Below are selected relevant lines from docker build output:

Step 22/34 : RUN pip3 install --upgrade pip
(...)
Successfully installed pip-22.0.4
(...)
Step 23/34 : RUN pip3 install parallel-fastq-dump
 ---> Running in 4fd16f79fd58
Traceback (most recent call last):
  File "/usr/local/bin/pip3", line 7, in <module>
    from pip._internal.cli.main import main
  File "/usr/local/lib/python3.5/dist-packages/pip/_internal/cli/main.py", line 57
    sys.stderr.write(f"ERROR: {exc}")
                                   ^
SyntaxError: invalid syntax

Could you see if it fails for you as well?

markziemann commented 2 years ago

Hello, I've not tried to build the Docker image recently, as it is simply easier to pull it from Docker hub. Could you try that?

maciejmotyka commented 2 years ago

Pulling image from docker hub works. I wanted to re-build the image with a newer version of the SRA Toolkit, because prefetch has been extremely unreliable lately, causing the pipeline to fail constantly. I'm not sure if it's my network or they changed something at SRA database, but prefetch fails 9/10 times when downloading ~500mb file, e.g. SRR2637697. I have the newest version of prefetch locally, and it takes whole 5 minutes to download this run over http, but at least it doesn't fail.

Anyway, I fixed the pip Python conflict by starting from Ubuntu 18.04, but then it crashed due to invalid link to STAR binary at:

Step 26/34 : RUN   cd sw &&   wget -c "https://github.com/alexdobin/STAR/raw/master/bin/Linux_x86_64_static/STAR" &&   chmod +x STAR &&   cp STAR /usr/local/bin/STAR

I think I'll just write a script to download all necessary runs locally and then copy them over to the DEE2 container for processing.

markziemann commented 2 years ago

Another way to circonvent this problem without altering the docker image is to prefetch first using whichever SRA toolkit version you like, followed by running the docker image with the -d parameter which searches the current working directory for sra archives.

docker run -v $(pwd):/dee2/mnt mziemann/tallyup hsapiens -d

I have been running it this way on our HPC as it keeps the CPUs busier. Could you give this a try?

Use prefetch like this

prefetch -X 9999999999999 -o ${ORG}_${SRR}.sra $SRR

where SRR is the run accession, and ORG is the species eg: hsapiens

maciejmotyka commented 2 years ago

Thanks.
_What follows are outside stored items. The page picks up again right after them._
-- ===== src/Inbox/Badge.antt =====
-- The unread counts that the users are told.
-- Code: apps/api/src/modules/notifications/infrastructure/repositories/prisma-notification.repository.ts
use elonew.Base.{
  ℕ, String, Bool, true, List, [], ◌∷◌, none, some, find, any, or_else, All, All-map, All-of, same,
  inl, inr, ◌≡◌, ◌≢◌, refl, sym, ◌∙◌, arith, eq_iff, Bool-cases, Option-cases, if◌then◌else◌,
}
use mathlib.Core.Path.{subst}
use elonew.Inbox.Store.{
  Notification, NotificationEvent, updated, read_all, Inbox, MarkReadInput, MarkReadResult, marked,
  changed, missing, has_id, is_own, is_expected, mark_expected, mark_any, told_of,
  write_updated_event, is_read_by, is_unread_of, count_unread, update_where, upsert, upserted_row,
  upsert_rows, apply_mark_read, mark_read, mark_all_read,
}
use elonew.Inbox.Rows.{
  Distinct, OwnedBy, count_unread-update_where, update_where-All, update_where-Distinct,
  upsert_rows-Distinct, count_unread-upsert, find-update_where, any_own-any_id,
  any_expected-any_own, upserted_row-recipient, any_own-OwnedBy, find-any, find-OwnedBy,
}

abbrev unread_in : NotificationEvent → ℕ
unread_in (updated n unread) = unread
unread_in (read_all at cutoff unread) = unread

-- The count in the last event for a user, 0 without one.
unfoldable pub told : String → List (String × NotificationEvent) → ℕ
told user [] = 0
told user ((j, e) ∷ es) = if same j user then unread_in e else told user es

-- Every user has been told their unread count.
pub record IsTold (s : Inbox) : Type 0 where
  pub distinct : Distinct s.notifications
  pub counted : (user : String) → told user s.outbox ≡ count_unread user s.notifications

-- An event with the count of its user's unread rows keeps the users told, when the rows of the others
-- are read as before.
write-IsTold :
    (user : String) (e : NotificationEvent) (ns : List Notification) (s : Inbox)
    → Distinct ns
    → unread_in e ≡ count_unread user ns
    → ((other : String) → user ≢ other → count_unread other ns ≡ count_unread other s.notifications)
    → IsTold s
    → IsTold (record { notifications = ns; outbox = (user, e) ∷ s.outbox })
unfolding told
write-IsTold user e ns s distinct counts others t = record {
  distinct = distinct;
  counted = λ j. elim (Bool-cases (same user j)) [
    | inl own ↦ rw own (rw ((eq_iff user j).0 own) at counts)
    | inr other ↦ rw other (t.counted j ∙ sym (others j (λ e. cc (other, (eq_iff user j).1 e))))
  ];
}

pub upsert-IsTold :
    (fresh : Notification) (s : Inbox)
    → All (λ m. m.id ≢ fresh.id) s.notifications
    → IsTold s
    → IsTold (upsert fresh s).1
unfolding upsert
upsert-IsTold fresh s new t =
    write-IsTold (upserted_row fresh s.notifications).recipient_id _
      (upsert_rows fresh s.notifications) s
      (upsert_rows-Distinct fresh s.notifications new t.distinct) refl
      (λ j ne.
        count_unread-upsert j fresh s.notifications
          (λ e. ne (upserted_row-recipient fresh s.notifications ∙ e)))
      t

-- A write to rows of one user's ids leaves the others' counts.
others_keep :
    (id user : String) (p : Notification → Bool) (f : Notification → Notification)
    (ns : List Notification)
    → ((n : Notification) → p n ≡ true → n.id ≡ id)
    → ((n : Notification) → (f n).recipient_id ≡ n.recipient_id)
    → OwnedBy id user ns
    → (other : String) → user ≢ other
    → count_unread other (update_where p f ns) ≡ count_unread other ns
unfolding is_unread_of
others_keep id user p f ns at keeps owned other ne = count_unread-update_where other p f ns (
    All-map
      (λ n own hit.
        let e : n.recipient_id ≡ user = own (at n hit) in
        ground (arith, keeps n, eq_iff user other))
      ns owned)

-- What `applyMarkRead` does to the rows, by its answer.
abbrev Marks : List Notification → MarkReadResult → List Notification → Type 0
Marks ns (marked n) ns' =
    Distinct ns'
    × ((other : String) → n.recipient_id ≢ other → count_unread other ns' ≡ count_unread other ns)
Marks ns changed ns' = ns' ≡ ns
Marks ns missing ns' = ns' ≡ ns

-- A write to rows of an id that `i` owns, and the row of that id afterwards.
marked-Marks :
    (i : MarkReadInput) (p : Notification → Bool) (f : Notification → Notification)
    (ns : List Notification)
    → ((n : Notification) → p n ≡ true → n.id ≡ i.notification_id)
    → ((n : Notification) → (f n).recipient_id ≡ n.recipient_id)
    → ((n : Notification) → (f n).id ≡ n.id)
    → Distinct ns
    → any (is_own i) ns ≡ true
    → (m : Notification) × (find (has_id i.notification_id) (update_where p f ns) ≡ some m)
      × Marks ns (marked m) (update_where p f ns)
marked-Marks i p f ns at keeps ids distinct own =
    let (m, found) = find-update_where i.notification_id p f ns ids (any_own-any_id i ns own) in
    let owned = any_own-OwnedBy i ns distinct own in
    let owned' =
      update_where-All (λ n. n.id ≡ i.notification_id → n.recipient_id ≡ i.recipient_id) p f ns
        (λ n own_n e. keeps n ∙ own_n (sym (ids n) ∙ e)) owned in
    let owner : m.recipient_id ≡ i.recipient_id =
      find-OwnedBy i.notification_id i.recipient_id (update_where p f ns) owned' found in
    (
      m,
      found,
      (
        update_where-Distinct p f ns ids distinct,
        λ other ne.
            others_keep i.notification_id i.recipient_id p f ns at keeps owned other
              (λ e. ne (owner ∙ e)),
      ),
    )

mark_expected-Marks :
    (i : MarkReadInput) (at : ℕ) (ns : List Notification)
    → Distinct ns
    → Marks ns (mark_expected i at ns).0 (mark_expected i at ns).1
unfolding mark_expected
mark_expected-Marks i at ns distinct = elim (Bool-cases (any (is_expected i at) ns)) [
  | inl hit ↦
      let (m, found, marks) =
        marked-Marks i (is_expected i at) (λ n. record n { read_at = some i.read_at }) ns
          (λ n own. ground (arith, eq_iff n.id i.notification_id)) (λ n. refl) (λ n. refl) distinct
          (any_expected-any_own i at ns hit) in
      rw (hit, found) marks
  | inr none_hit ↦ elim (Bool-cases (any (is_own i) ns)) [
    | inl own ↦ rw (none_hit, own) refl
    | inr foreign ↦ rw (none_hit, foreign) refl
  ]
]

mark_any-none :
    (i : MarkReadInput) (ns : List Notification)
    → find (is_own i) ns ≡ none
    → mark_any i ns ≡ (missing, ns)
unfolding mark_any
mark_any-none i ns gone = rw (mark_any, gone) refl

mark_any-some :
    (i : MarkReadInput) (ns : List Notification) {n m : Notification}
    → find (is_own i) ns ≡ some n
    → find (has_id n.id) (
        update_where
          (has_id n.id)
          (λ x. record x { read_at = some (or_else n.read_at i.read_at) })
          ns)
      ≡ some m
    → mark_any i ns ≡ (
      marked m,
      update_where
          (has_id n.id)
          (λ x. record x { read_at = some (or_else n.read_at i.read_at) })
          ns,
    )
unfolding mark_any
mark_any-some i ns found after = rw (mark_any, found, after) refl

mark_any-Marks :
    (i : MarkReadInput) (ns : List Notification)
    → Distinct ns
    → Marks ns (mark_any i ns).0 (mark_any i ns).1
mark_any-Marks i ns distinct = elim (Option-cases (find (is_own i) ns)) [
  | inl gone ↦ subst (λ r. Marks ns r.0 r.1) (sym (mark_any-none i ns gone)) refl
  | inr (n, found_n) ↦
      let (own, any_own) = find-any (is_own i) ns found_n in
      let e : n.id ≡ i.notification_id = ground (arith, eq_iff n.id i.notification_id) in
      let (m, found, marks) =
        marked-Marks i (has_id n.id)
          (λ m. record m { read_at = some (or_else n.read_at i.read_at) }) ns
          (λ m hit. (eq_iff m.id n.id).0 hit ∙ e) (λ m. refl) (λ m. refl) distinct any_own in
      subst (λ r. Marks ns r.0 r.1) (sym (mark_any-some i ns found_n (rw (← e) at found))) marks
]

apply_mark_read-Marks :
    (i : MarkReadInput) (ns : List Notification)
    → Distinct ns
    → Marks ns (apply_mark_read i ns).0 (apply_mark_read i ns).1
unfolding apply_mark_read
apply_mark_read-Marks i ns distinct = elim (Option-cases i.expected_activity_at) [
  | inl no_activity ↦ rw no_activity (mark_any-Marks i ns distinct)
  | inr (at, e) ↦ rw e (mark_expected-Marks i at ns distinct)
]

told_of-IsTold :
    (r : MarkReadResult) (ns : List Notification) (s : Inbox)
    → Marks s.notifications r ns
    → IsTold s
    → IsTold (told_of r (record s { notifications = ns }))
unfolding write_updated_event
told_of-IsTold (marked n) ns s (distinct, others) t =
    write-IsTold n.recipient_id _ ns s distinct refl others t
told_of-IsTold changed ns s same_rows t = rw (same_rows) t
told_of-IsTold missing ns s same_rows t = rw (same_rows) t

pub mark_read-IsTold : (i : MarkReadInput) (s : Inbox) → IsTold s → IsTold (mark_read i s).1
unfolding mark_read
mark_read-IsTold i s t =
    told_of-IsTold (apply_mark_read i s.notifications).0 (apply_mark_read i s.notifications).1 s
      (apply_mark_read-Marks i s.notifications t.distinct) t

pub mark_all_read-IsTold :
    (user : String) (at cutoff : ℕ) (s : Inbox)
    → IsTold s
    → IsTold (mark_all_read user at cutoff s).1
unfolding mark_all_read is_unread_of
mark_all_read-IsTold user at cutoff s t =
    write-IsTold user _ _ s
      (update_where-Distinct (is_read_by user cutoff) (λ n. record n { read_at = some at })
        s.notifications (λ n. refl) t.distinct)
      refl
      (λ j ne.
        count_unread-update_where j (is_read_by user cutoff) (λ n. record n { read_at = some at })
          s.notifications
          (All-of (λ n hit. ground (arith, eq_iff n.recipient_id user, eq_iff n.recipient_id j))
            s.notifications))
      t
That's ulitmately what I ended doing.

I've set up a downloader pod on fast-network node with the latest SRA-Tools docker from https://hub.docker.com/r/ncbi/sra-tools and another pod running the pipeline image on high-memory node. The downloader pod saves SRA files to the same storage directory that the pipeline pod has mounted under /dee2/mnt and they can work asynchronously.